Shows feel like a really good party where the musicians somehow have more fun than the audience, which is impossible but they manage it anyway. Price commands the stage without trying. Crowds move without being told to.

Known for Good as Hell, It Happened to Me, Bad Self Portraits, Side Pony, What Would a Wise Man Do

Lake Street Dive brought their particular brand of funk-tinged pop to Merriweather Post Pavilion on a September evening, working through a setlist that proved why they've built such a devoted following. They dug into deeper cuts like 'Mistakes' and 'Party on the Roof' alongside the kind of radio-friendly hooks that make them such an easy sell—'Rich Girl' closing out the night felt inevitable, even if you weren't expecting it. The band's Baltimore stops have always felt like they're playing for people who actually listen rather than just hear, and this 23-song run confirmed that approach still works.

Baltimore's music scene has always leaned into raw funkiness and soul tradition—think Mustard Plug, The Wussy Boyz, and the broader legacy of the city's club culture. Lake Street Dive fits naturally into that lineage: they're precision-tight musicians playing music that's fundamentally about the pocket and the groove, which is exactly what Baltimore knows how to do.

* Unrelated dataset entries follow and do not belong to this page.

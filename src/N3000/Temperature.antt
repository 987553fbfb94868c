-- ===== src/N3000/Temperature.antt =====
-- N3000/pkg/daemon/fpgamanager.go: `getFPGATemperatureLimit` and `checkFPGADieTemperature`.
pub mod Laws
use openshift_operator.Base.{
  Bool, true, false, ◌||◌, String, ◌<>◌, List, [], ◌∷◌, ◌==◌, Option, none, some, split, Error,
  failure, Result, ok, err, Exec, ◌>>=◌, if◌then◌else◌,
}
use openshift_operator.Regexp.{
  Piece, piece, once, star, plus, plus_lazy, is_space, is_any, is_char, is_digit, match_all,
  group_text,
}
use openshift_operator.N3000.{Node}
use openshift_operator.N3000.Bmc.{bmc_line, pci_label, sensors_title, fpga_info_bmc}

abbrev pub env_temperature_limit_name : String
env_temperature_limit_name = "FPGA_DIE_TEMP_LIMIT"

-- `^([()0-9]+?) (.+)(?:\s*:\s)(.+) (.+)$`
abbrev pub bmc_parameters_line : List Piece
bmc_parameters_line =
    piece (λ c. is_digit c || (is_char b'(' c || is_char b')' c)) plus_lazy 1
    ∷ piece (is_char b' ') once 0
    ∷ piece is_any plus 2
    ∷ piece is_space star 0
    ∷ piece (is_char b':') once 0
    ∷ piece is_space once 0
    ∷ piece is_any plus 3
    ∷ piece (is_char b' ') once 0
    ∷ piece is_any plus 4
    ∷ []

-- The first and the third group of `bmcParametersRegex.FindStringSubmatch(line)`
unfoldable pub parameters_line : String → Option (String × String)
parameters_line line = elim (match_all bmc_parameters_line line) [
  | none ↦ none
  | some ts ↦ some (group_text 1 bmc_parameters_line ts, group_text 3 bmc_parameters_line ts)
]

module _ (N : Node) where
  open N use {floats}
  open floats use {Float, parse_float, lt, whole, format}

  abbrev pub fpga_temperature_default_limit : Float
  fpga_temperature_default_limit = whole 85

  abbrev pub fpga_temperature_bottom_range : Float
  fpga_temperature_bottom_range = whole 40

  abbrev pub fpga_temperature_top_range : Float
  fpga_temperature_top_range = whole 95

  -- The test of a limit that the environment gives.
  unfoldable pub limit_in_range : Float × Option Error → Float
  limit_in_range (temperature, some e) = fpga_temperature_default_limit
  limit_in_range (temperature, none) =
      if lt temperature fpga_temperature_bottom_range || lt fpga_temperature_top_range temperature
      then fpga_temperature_default_limit
      else temperature

  unfoldable pub get_fpga_temperature_limit : Float
  get_fpga_temperature_limit =
      let val = N.getenv env_temperature_limit_name in
      if val == "" then fpga_temperature_default_limit else limit_in_range (parse_float val)

  -- What one line does to `pciFound` and to `fpgaDieTemperature`.
  unfoldable pub pci_on_line : String → String → Bool → Bool
  pci_on_line pci_addr line pci_found = elim (bmc_line line) [
    | none ↦ pci_found
    | some (label, value) ↦
        if label == pci_label then (if pci_addr == value then true else pci_found) else pci_found
  ]

  unfoldable pub temperature_on_line : String → Float → Float
  temperature_on_line line t = elim (parameters_line line) [
    | none ↦ t
    | some (id, value) ↦ if id == "(12)" then (parse_float value).0 else t
  ]

  unfoldable pub scan_lines : String → List String → Bool × Float → Bool × Float
  scan_lines pci_addr [] (pci_found, t) = (pci_found, t)
  scan_lines pci_addr (line ∷ lines) (pci_found, t) =
      scan_lines pci_addr lines (pci_on_line pci_addr line pci_found, temperature_on_line line t)

  -- The temperature is not reset from one device to the next.
  unfoldable pub scan_devices : String → List String → Bool × Float → Bool × Float
  scan_devices pci_addr [] (pci_found, t) = (pci_found, t)
  scan_devices pci_addr (output ∷ outputs) (pci_found, t) =
      let (found', t') = scan_lines pci_addr (split output "\n") (pci_found, t) in
      let rest = scan_devices pci_addr outputs (found', t') in if found' then (found', t') else rest

  -- What `checkFPGADieTemperature` concludes.
  unfoldable pub judge_temperature : String → Bool × Float → Result (Unit {0})
  judge_temperature pci_addr (pci_found, t) =
      let limit = get_fpga_temperature_limit in
      if pci_found
      then (if lt limit t
          then err (
              failure (
                "FPGA temperature: "
                <> (format t
                    <> (", exceeded limit: " <> (format limit <> (", on PCIAddr: " <> pci_addr))))))
          else ok tt)
      else err (failure ("Not found PCIAddr: " <> pci_addr))

  unfoldable pub check_fpga_die_temperature : String → Exec N.State (Unit {0})
  check_fpga_die_temperature pci_addr = fpga_info_bmc N >>= λ output s. (
    judge_temperature pci_addr
        (scan_devices pci_addr (split output sensors_title) (false, whole 0)),
    s,
  )
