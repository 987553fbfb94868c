-- ===== src/N3000/Program.antt =====
-- N3000/pkg/daemon/fpgamanager.go: `FPGAManager`, which checks the addresses and the images of the
-- FPGAs of a node and programs them.
pub mod Laws
pub mod Commands
use openshift_operator.Base.{
  ℕ, suc, Bool, true, false, String, ◌<>◌, List, [], ◌∷◌, ◌==◌, itoa, Option, none, some, Error,
  failure, message, Result, ok, err, Exec, pure, raise, handle, ◌>>◌, if◌then◌else◌,
}
use openshift_operator.Api.Fpga.{N3000Fpga, N3000FpgaStatus, N3000NodeSpec}
use openshift_operator.N3000.{Node, run_exec_with_log}
use openshift_operator.N3000.Images.{get_image, create_folder}
use openshift_operator.N3000.Bmc.{get_fpga_inventory}
use openshift_operator.N3000.Temperature.{check_fpga_die_temperature}

abbrev pub fpga_user_image_subfolder_path : String
fpga_user_image_subfolder_path = "/n3000-workdir"

abbrev pub fpga_user_image_file : String
fpga_user_image_file = "/n3000-workdir/fpga"

-- The file of the image with a number.
unfoldable pub image_path : ℕ → String
image_path i = fpga_user_image_file <> (itoa i <> ".bin")

-- `errors.Wrap(err, text)`
abbrev pub wrap : String → Error → Error
wrap text e = failure (text <> (": " <> message e))

-- A list that may be nil, in a loop.
abbrev pub elements {ℓ} : {A : Type ℓ} → Option (List A) → List A
elements none = []
elements (some xs) = xs

-- Whether the inventory has the address.
unfoldable pub detected : String → List N3000FpgaStatus → Bool
detected pci [] = false
detected pci (d ∷ ds) = if pci == d.pci_addr then true else detected pci ds

-- The loop over the addresses of the resource.
unfoldable pub verify_detected : List N3000Fpga → List N3000FpgaStatus → Result (Unit {0})
verify_detected [] inventory = ok tt
verify_detected (f ∷ fs) inventory =
    if detected f.pci_addr inventory
    then verify_detected fs inventory
    else err (failure ("Unable to detect FPGA PCIAddr=" <> (f.pci_addr <> ": ")))

module _ (N : Node) where
  open N use {State}

  unfoldable pub verify_pci_addrs : List N3000Fpga → Exec State (Unit {0})
  verify_pci_addrs fpgas =
      handle (get_fpga_inventory N) (λ inventory s. (verify_detected fpgas inventory, s))
        (λ e. raise (failure ("Unable to get FPGA inventory before program err: " <> message e)))

  -- The loop of `verifyPreconditions`, from the FPGA with a number.
  unfoldable pub get_images : ℕ → List N3000Fpga → Exec State (Unit {0})
  get_images i [] = pure tt
  get_images i (f ∷ fs) =
      let rest = get_images (suc i) fs in
      check_fpga_die_temperature N f.pci_addr
      >> handle (get_image N (image_path i) f.user_image_url f.checksum) (λ _. rest)
          (λ e. raise (wrap "FPGA image error:" e))

  unfoldable pub verify_preconditions : N3000NodeSpec → Exec State (Unit {0})
  verify_preconditions spec =
      verify_pci_addrs (elements spec.fpga)
      >> (create_folder N fpga_user_image_subfolder_path >> get_images 0 (elements spec.fpga))

  unfoldable pub program_fpga : String → String → Bool → Exec State (Unit {0})
  program_fpga file pci_addr dry_run =
      run_exec_with_log N "fpgasupdate" (file ∷ pci_addr ∷ []) dry_run
      >> run_exec_with_log N "rsu" ("bmcimg" ∷ pci_addr ∷ []) dry_run

  -- The loop of `ProgramFPGAs`, from the FPGA with a number.
  unfoldable pub program_from : ℕ → List N3000Fpga → Bool → Exec State (Unit {0})
  program_from i [] dry_run = pure tt
  program_from i (f ∷ fs) dry_run =
      let rest = program_from (suc i) fs dry_run in
      check_fpga_die_temperature N f.pci_addr
      >> (program_fpga (image_path i) f.pci_addr dry_run >> rest)

  unfoldable pub program_fpgas : N3000NodeSpec → Exec State (Unit {0})
  program_fpgas spec = program_from 0 (elements spec.fpga) spec.dry_run
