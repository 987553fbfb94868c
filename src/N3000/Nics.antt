-- ===== src/N3000/Nics.antt =====
-- N3000/pkg/daemon/fortvillemanager.go: `getInventory`, the network controllers of the N3000 cards.
use openshift_operator.Base.{
  ℕ, false, ◌||◌, String, ◌<>◌, List, [], ◌∷◌, ◌++◌, ◌==◌, Option, none, some, split, failure,
  message, Result, ok, err, Exec, pure, raise, handle, ◌>>=◌, if◌then◌else◌,
}
use openshift_operator.Api.Fpga.{FortvilleStatus, N3000FortvilleStatus}
use openshift_operator.Regexp.{
  Piece, piece, once, star, plus, plus_lazy, is_space, is_any, is_char, is_digit, is_lower,
  is_lower_hex, match_all, group_text, submatches2,
}
use openshift_operator.N3000.{Node, run_exec}
use openshift_operator.N3000.Bmc.{get_n3000_devices}

-- A hexadecimal digit of a group.
abbrev hex : ℕ → Piece
hex group = piece is_lower_hex once group

abbrev byte : ℕ → List Piece
byte group = hex group ∷ hex group ∷ []

abbrev sign : ℕ → ℕ → Piece
sign c group = piece (is_char c) once group

-- `^([a-f0-9]{4}):([a-f0-9]{2}):([a-f0-9]{2})\.([012357])$`
unfoldable pub pci_regex : List Piece
pci_regex =
    byte 1
    ++ (byte 1
        ++ (sign b':' 0
            ∷ (byte 2
                ++ (sign b':' 0
                    ∷ (byte 3
                        ++ (sign b'.' 0
                            ∷ (piece
                                  (λ c.
                                    is_char b'0' c
                                    || (is_char b'1' c
                                        || (is_char b'2' c
                                            || (is_char b'3' c
                                                || (is_char b'5' c || is_char b'7' c)))))
                                  once 4
                                ∷ [])))))))

-- `^(?:\s*)([a-z0-9]+)(?:\s*)([a-f0-9]{2}:…:[a-f0-9]{2})$`, with six bytes.
unfoldable pub mactest_regex : List Piece
mactest_regex =
    piece is_space star 0
    ∷ piece (λ c. is_lower c || is_digit c) plus 1
    ∷ piece is_space star 0
    ∷ (byte 2
        ++ (sign b':' 2
            ∷ (byte 2
                ++ (sign b':' 2
                    ∷ (byte 2
                        ++ (sign b':' 2
                            ∷ (byte 2 ++ (sign b':' 2 ∷ (byte 2 ++ (sign b':' 2 ∷ byte 2))))))))))

-- `^([a-z-]+?)(?:\s*:\s)(.+)$`
unfoldable pub ethtool_regex : List Piece
ethtool_regex =
    piece (λ c. is_lower c || is_char b'-' c) plus_lazy 1
    ∷ piece is_space star 0
    ∷ sign b':' 0
    ∷ piece is_space once 0
    ∷ piece is_any plus 2
    ∷ []

-- The four parts of a PCI address.
pub record PciParts : Type 0 where
  pub segment : String
  pub bus : String
  pub device : String
  pub function : String

unfoldable pub pci_parts : String → Option PciParts
pci_parts pci = elim (match_all pci_regex pci) [
  | none ↦ none
  | some ts ↦ some (record {
    segment = group_text 1 pci_regex ts;
    bus = group_text 2 pci_regex ts;
    device = group_text 3 pci_regex ts;
    function = group_text 4 pci_regex ts;
  })
]

-- The switch of `addEthtoolInfo`.
unfoldable pub set_info : String × String → FortvilleStatus → FortvilleStatus
set_info (label, value) fs =
    if label == "bus-info"
    then record fs { pci_addr = value }
    else if label == "firmware-version"
    then record fs { version = value }
    else fs

unfoldable pub set_infos : List String → FortvilleStatus → FortvilleStatus
set_infos [] fs = fs
set_infos (line ∷ lines) fs = elim (submatches2 ethtool_regex line) [
  | none ↦ set_infos lines fs
  | some m ↦ set_infos lines (set_info m fs)
]

-- The name in the first record of the listing, which is at its fourth place.
unfoldable pub set_name : List String → FortvilleStatus → FortvilleStatus
set_name (a ∷ (b ∷ (c ∷ (name ∷ rest)))) fs = record fs { name = name }
set_name fields fs = fs

module _ (N : Node) where
  open N use {State}

  -- The structure that the pointer names stays as it was where there is an error.
  unfoldable pub add_ethtool_info : String → FortvilleStatus → Exec State FortvilleStatus
  add_ethtool_info if_name fs = run_exec N "ethtool" ("-i" ∷ if_name ∷ []) false >>= λ out.
      pure (set_infos (split out "\n") fs)

  -- What `addDeviceName` makes of the records.
  unfoldable pub name_of_records :
      String → Result (List (List String)) → FortvilleStatus → Result FortvilleStatus
  name_of_records out (err e) fs =
      err (failure ("Failed to parse CSV because: " <> (message e <> (". Input: " <> out))))
  name_of_records out (ok []) fs = err (failure "No entries in CSV output from lspci")
  name_of_records out (ok (fields ∷ records)) fs = ok (set_name fields fs)

  unfoldable pub add_device_name : FortvilleStatus → Exec State FortvilleStatus
  add_device_name fs =
      N.combined_output "bash" ("-c" ∷ ("lspci -Dm | grep -i " <> fs.pci_addr) ∷ []) >>= λ out s.
      (name_of_records out (N.read_csv out) fs, s)

  -- The errors of the two commands for a controller are only logged.
  unfoldable pub with_name : FortvilleStatus → State → FortvilleStatus × State
  with_name fs = handle (add_device_name fs) (λ fs' s. (fs', s)) (λ e s. (fs, s))

  unfoldable pub nic_status : String → String → State → FortvilleStatus × State
  nic_status if_name mac =
      let fs : FortvilleStatus = record { name = ""; pci_addr = ""; version = ""; mac = mac } in
      handle (add_ethtool_info if_name fs) with_name (λ e. with_name fs)

  unfoldable pub nic_statuses : List String → State → List FortvilleStatus × State
  nic_statuses [] s = ([], s)
  nic_statuses (line ∷ lines) s = elim (submatches2 mactest_regex line) [
    | none ↦ nic_statuses lines s
    | some (if_name, mac) ↦
        let (fs, s1) = nic_status if_name mac s in
        let (rest, s2) = nic_statuses lines s1 in (fs ∷ rest, s2)
  ]

  abbrev pub mactest : PciParts → Exec State String
  mactest p =
      run_exec N "fpgadiag"
        ("-m" ∷ "mactest" ∷ "-S" ∷ p.segment ∷ "-B" ∷ p.bus ∷ "-D" ∷ p.device ∷ "-F" ∷ p.function
          ∷ [])
        false

  unfoldable pub get_n3000_nics : String → Exec State (List FortvilleStatus)
  get_n3000_nics bmc_pci = elim (pci_parts bmc_pci) [
    | none ↦ raise (failure ("Invalid BMC PCI address: " <> bmc_pci))
    | some parts ↦
        mactest parts >>= λ out s. let (nics, s') = nic_statuses (split out "\n") s in (ok nics, s')
  ]

  -- The loop of `getInventory`; its callers do not use what it has where there is an error.
  unfoldable pub card_statuses : List String → Exec State (List N3000FortvilleStatus)
  card_statuses [] = pure []
  card_statuses (d ∷ ds) =
      let rest = card_statuses ds in
      get_n3000_nics d >>= λ nics.
      rest >>= λ cards. pure (record { n3000_pci = d; nics = nics } ∷ cards)

  unfoldable pub get_inventory : Exec State (List N3000FortvilleStatus)
  get_inventory = get_n3000_devices N >>= card_statuses
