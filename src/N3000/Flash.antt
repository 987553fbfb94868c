-- ===== src/N3000/Flash.antt =====
-- N3000/pkg/daemon/fortvillemanager.go: `flash`, which updates the network controllers that a resource
-- lists, and what has to hold before it.
pub mod Laws
pub mod DryRun
use openshift_operator.Base.{
  Bool, true, false, not, String, ◌<>◌, List, [], ◌∷◌, ◌==◌, Option, none, some, failure, Result,
  ok, err, Exec, pure, raise, handle, ◌>>=◌, ◌>>◌, if◌then◌else◌,
}
use openshift_operator.Api.Fpga.{FortvilleStatus, N3000FortvilleStatus, N3000Fortville}
use openshift_operator.Fortville.{append_bmc, flash_mac, power_cycle, config_file}
use openshift_operator.N3000.{Node, run_exec, nvm}
use openshift_operator.N3000.Images.{get_image, create_folder}
use openshift_operator.N3000.Program.{wrap}
use openshift_operator.N3000.Nics.{get_inventory}

abbrev pub nvm_install_dest : String
nvm_install_dest = "/n3000-workdir/nvmupdate/"

abbrev pub nvm_package_destination : String
nvm_package_destination = "/n3000-workdir/nvmupdate/nvmupdate.tar.gz"

-- `path.Join(nvmupdate64ePath, nvmupdate64e)`
abbrev pub nvmupdate64e_file : String
nvmupdate64e_file = "/n3000-workdir/nvmupdate/700Series/Linux_x64/nvmupdate64e"

-- Whether one of the controllers has the MAC address.
unfoldable pub has_mac : String → List FortvilleStatus → Bool
has_mac mac [] = false
has_mac mac (nic ∷ nics) = if mac == nic.mac then true else has_mac mac nics

unfoldable pub mac_found : String → List N3000FortvilleStatus → Bool
mac_found mac [] = false
mac_found mac (i ∷ inv) = if has_mac mac i.nics then true else mac_found mac inv

-- The loop over the MAC addresses in `verifyPreconditions`.
unfoldable pub verify_macs : List String → List N3000FortvilleStatus → Result (Unit {0})
verify_macs [] inv = ok tt
verify_macs (m ∷ ms) inv =
    if mac_found m inv then verify_macs ms inv else err (failure ("MAC not found: " <> m))

module _ (N : Node) where
  open N use {State}

  unfoldable pub install_nvmupdate : Exec State (Unit {0})
  install_nvmupdate =
      run_exec N "tar" ("xzfv" ∷ nvm_package_destination ∷ "-C" ∷ nvm_install_dest ∷ []) false
      >> pure tt

  -- The loop of `verifyImagePaths`.
  unfoldable pub verify_paths : List String → Exec State (Unit {0})
  verify_paths [] = pure tt
  verify_paths (p ∷ ps) =
      let rest = verify_paths ps in
      handle (N.is_symlink p)
        (λ link.
          if link then raise (failure ("Symbolic link detected in nvm package " <> p)) else rest)
        (λ e. raise (wrap "Failed to get file info" e))

  unfoldable pub verify_image_paths : Exec State (Unit {0})
  verify_image_paths = verify_paths (nvmupdate64e_file ∷ config_file ∷ [])

  unfoldable pub get_nvm_update : N3000Fortville → Exec State (Unit {0})
  get_nvm_update f =
      if not (f.firmware_url == "")
      then handle (get_image N nvm_package_destination f.firmware_url f.checksum)
          (λ _.
            handle install_nvmupdate (λ _. verify_image_paths)
              (λ e. raise (wrap "NVMUpdate package error:" e)))
          (λ e. raise (wrap "NVMUpdate package error:" e))
      else raise (failure "Empty Fortville.FirmwareURL")

  unfoldable pub verify_preconditions : N3000Fortville → Exec State (Unit {0})
  verify_preconditions f =
      if f.firmware_url == ""
      then raise (failure "Empty Fortville.FirmwareURL")
      else (get_inventory N >>= λ inv.
          ((λ s. (verify_macs f.macs inv, s))
            >> (create_folder N nvm_install_dest >> get_nvm_update f)))

  -- The result of `flashMac`; `none` stands for the bound of the model's loop.
  unfoldable pub flash_result : Option (Result (Unit {0})) × State → Result (Unit {0}) × State
  flash_result (some r, s) = (r, s)
  flash_result (none, s) = (ok tt, s)

  module _ (dry_run : Bool) where
    -- The turns of the loops of `flash` for one MAC address, on the cards of the inventory: the list
    -- of the cards that were flashed so far goes through them.
    unfoldable pub flash_cards :
        String → List N3000FortvilleStatus → List String → Exec State (List String)
    flash_cards mac [] bmcs = pure bmcs
    flash_cards mac (i ∷ inv) bmcs =
        let skip = flash_cards mac inv bmcs in
        let rest = flash_cards mac inv (append_bmc bmcs i.n3000_pci) in
        if has_mac mac i.nics
        then ((λ s. flash_result (flash_mac (nvm N) mac dry_run s)) >> rest)
        else skip

    unfoldable pub flash_macs :
        List String → List N3000FortvilleStatus → List String → Exec State (List String)
    flash_macs [] inv bmcs = pure bmcs
    flash_macs (m ∷ ms) inv bmcs = flash_cards m inv bmcs >>= λ bmcs'. flash_macs ms inv bmcs'

    -- What follows the loops.
    unfoldable pub cycle_flashed : List String → Exec State (Unit {0})
    cycle_flashed [] = pure tt
    cycle_flashed (b ∷ bs) = power_cycle (nvm N) (b ∷ bs) dry_run

    unfoldable pub flash : List String → Exec State (Unit {0})
    flash macs = get_inventory N >>= λ inv. flash_macs macs inv [] >>= cycle_flashed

Stay in Canton or Federal Hill—both neighborhoods have the restaurants and bars worth spending time in. Try Alma Cocina for Peruvian fare or Pabu for Japanese if you want something substantial before the show. Walk around the Inner Harbor, grab coffee at a local roaster. The Walters Art Museum is genuinely excellent and free. Check out what's at The Lyric or Hippodrome if there's live music the nights before or after. Baltimore's best asset is that it doesn't feel overly polished—the authenticity matches the vibe of a band like Journey.